I assume that the answer is that I don't understand the game, but here is what appears to happen:

The player can bet increments of $5 on one of the 6 possible outcomes of a roll of a die, 1-6. Say you put $5 on #1.
The casino rolls three die.
The player wins $5 for each one that appears and 10X or $50 if 3 ones appear.

My calculation says that the expected value of this game is $2.66 for a $5 bet. In other words, because of that 10x win for tripple ones the odds are in favor of the player.

What am I missing?

I think your numbers are off. Or mine are - this is what I get...
# Odds Outcome Weighted
0 0.578703704 -5 -2.893518519
1 0.347222222 0 0
2 0.069444444 5 0.347222222
3 0.00462963 50 0.231481481

Expected value -2.314814815

This slight modification let me match your numbers.
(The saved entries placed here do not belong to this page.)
-- ===== src/Receipts/Effects.antt =====
-- What `promote` of src/orphan_reconcile/repo.rs and src/webhook_receipt/repo.rs does to each table.
use messgr.Base.{
  ℕ, ◌+◌, ◌*◌, ◌≤◌, String, ◌≡◌, refl, Bool, true, false, ◌||◌, Option, none, some, List,
  if◌then◌else◌, ◌==◌, any, keep, find, nat_eq, string_eq, option_eq, list_eq,
}
use messgr.Zone.{day_ms}
use messgr.Store.Tables.{Db, Suppression, OrphanEvent, StagingReceipt}
use messgr.Store.Exec.{World, Result, ok, err}
use messgr.Store.Steps.{Steady}
use messgr.Dispatcher.Queries.{insert_event, finalize}
use messgr.Receipts.Status.{auto_suppress_reason}
use messgr.Receipts.Repo.{
  ReceiptError, database, Match, Receipt, event_of, suppress_for, orphan_receipt, staging_receipt,
}
use messgr.Receipts.Promote.{advance_db}

-- A bounce or a complaint.
abbrev pub is_refusal : String → Bool
is_refusal event_type = (event_type == "bounced") || (event_type == "complaint")

-- The list has an entry for the destination that lasts at least until `t`.
abbrev pub SuppressedUntil : List ℕ → ℕ → List Suppression → Type 0
SuppressedUntil hmac t rows =
    (s : Suppression) × (find (λ (x : Suppression). x.destination_hmac == hmac) rows ≡ some s)
    × (t ≤ s.review_at)

-- No row of the id is left, and those of every other id are.
pub record Removed {A : Type 0} (key : A → ℕ) (id : ℕ) (before after : List A) : Type 0 where
  pub gone : any (λ a. key a == id) after ≡ false
  pub others :
      (q : ℕ) → (q == id) ≡ false → keep (λ a. key a == q) after ≡ keep (λ a. key a == q) before

-- The tables after a promotion, but for the one that held the receipt. The ledger was written at `s`,
-- the suppression list at `t`.
pub record Effects (m : Match) (r : Receipt) (ciphertext : Option (List ℕ)) (advance : Bool)
    (s t : ℕ) (before after : Db) : Type 0 where
  pub events : after.events ≡ (insert_event (event_of m r ciphertext) before).events
  pub ledger : after.ledger ≡ (
      if advance
      then finalize m.comms_request_created_at m.comms_request_id r.event_type s before.ledger
      else before.ledger)
  pub outbox : after.outbox ≡ before.outbox
  pub suppressed :
      is_refusal r.event_type ≡ true
      → SuppressedUntil m.destination_hmac (t + 365 * day_ms) after.suppression
  pub unsuppressed : is_refusal r.event_type ≡ false → after.suppression ≡ before.suppression

-- What a suppression leaves as it is.
suppress_for-rest :
    (reason : Option String) (hmac : List ℕ) (t : ℕ) (db : Db)
    → suppress_for reason hmac t db
      ≡ record db { suppression = (suppress_for reason hmac t db).suppression }
suppress_for-rest none hmac t db = refl
suppress_for-rest (some reason) hmac t db = refl

module _ (m : Match) (r : Receipt) (ciphertext : Option (List ℕ)) (advance : Bool) (s t : ℕ)
    (v : Db) where
  recorded : Db
  recorded = advance_db m r advance s (insert_event (event_of m r ciphertext) v)

  before_delete : Db
  before_delete = suppress_for (auto_suppress_reason r.event_type) m.destination_hmac t recorded

  others : before_delete ≡ record recorded { suppression = before_delete.suppression }
  unfolding before_delete
  others = suppress_for-rest (auto_suppress_reason r.event_type) m.destination_hmac t recorded

-- How the promotion of an orphan may end.
pub data PromotedOrphan (o : OrphanEvent) (m : Match) (ciphertext : Option (List ℕ))
    (advance : Bool) (v : World) : Result ReceiptError (Unit {0}) → World → Type 0 where
  refused : {w : World} → Steady v w → PromotedOrphan o m ciphertext advance v (err database) w
  promoted :
      {w : World} (s t : ℕ)
      → v.clock ≤ s
      → s ≤ t
      → t ≤ w.clock
      → w.sent ≡ v.sent
      → Effects m (orphan_receipt o) ciphertext advance s t v.db w.db
      → Removed (λ (x : OrphanEvent). x.id) o.id v.db.orphans w.db.orphans
      → w.db.staging ≡ v.db.staging
      → PromotedOrphan o m ciphertext advance v (ok tt) w

-- How the promotion of a staged receipt may end.
pub data PromotedStaging (r : StagingReceipt) (m : Match) (ciphertext : Option (List ℕ))
    (advance : Bool) (v : World) : Result ReceiptError (Unit {0}) → World → Type 0 where
  refused : {w : World} → Steady v w → PromotedStaging r m ciphertext advance v (err database) w
  promoted :
      {w : World} (s t : ℕ)
      → v.clock ≤ s
      → s ≤ t
      → t ≤ w.clock
      → w.sent ≡ v.sent
      → Effects m (staging_receipt r) ciphertext advance s t v.db w.db
      → Removed (λ (x : StagingReceipt). x.id) r.id v.db.staging w.db.staging
      → w.db.orphans ≡ v.db.orphans
      → PromotedStaging r m ciphertext advance v (ok tt) w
You forgot to factor in that you lost your five dollar wager. But I think mine was off by a bit too.
# Odds Outcome Weighted
0 0.578703704 0 0
1 0.347222222 5 1.736111111
2 0.069444444 10 0.694444444
3 0.00462963 50 0.231481481

Expected value 2.662037037
What would the real net outcomes be?
0 --> -$5 (you lost your bet)
1 --> 0 or 5? (do you just break even or do you get your bet plus five more?)
2 --> 5 or 10?
3 --> 45 or 50?

This slight modification let me match your numbers. You forgot to factor in that you lost your five dollar wager. But I think mine was off by a bit too.
# Odds Outcome Weighted
0 0.578703704 0 0
1 0.347222222 5 1.736111111
2 0.069444444 10 0.694444444
3 0.00462963 50 0.231481481

Expected value 2.662037037
What would the real net outcomes be?
0 --> -$5 (you lost your bet)
1 --> 0 or 5? (do you just break even or do you get your bet plus five more?)
2 --> 5 or 10?
3 --> 45 or 50?

Exactly what I was wondering. If you break even with 1 of your number, the EV = -2.xxx, whatever that was. That's a HUGE house advantage. Best in the house.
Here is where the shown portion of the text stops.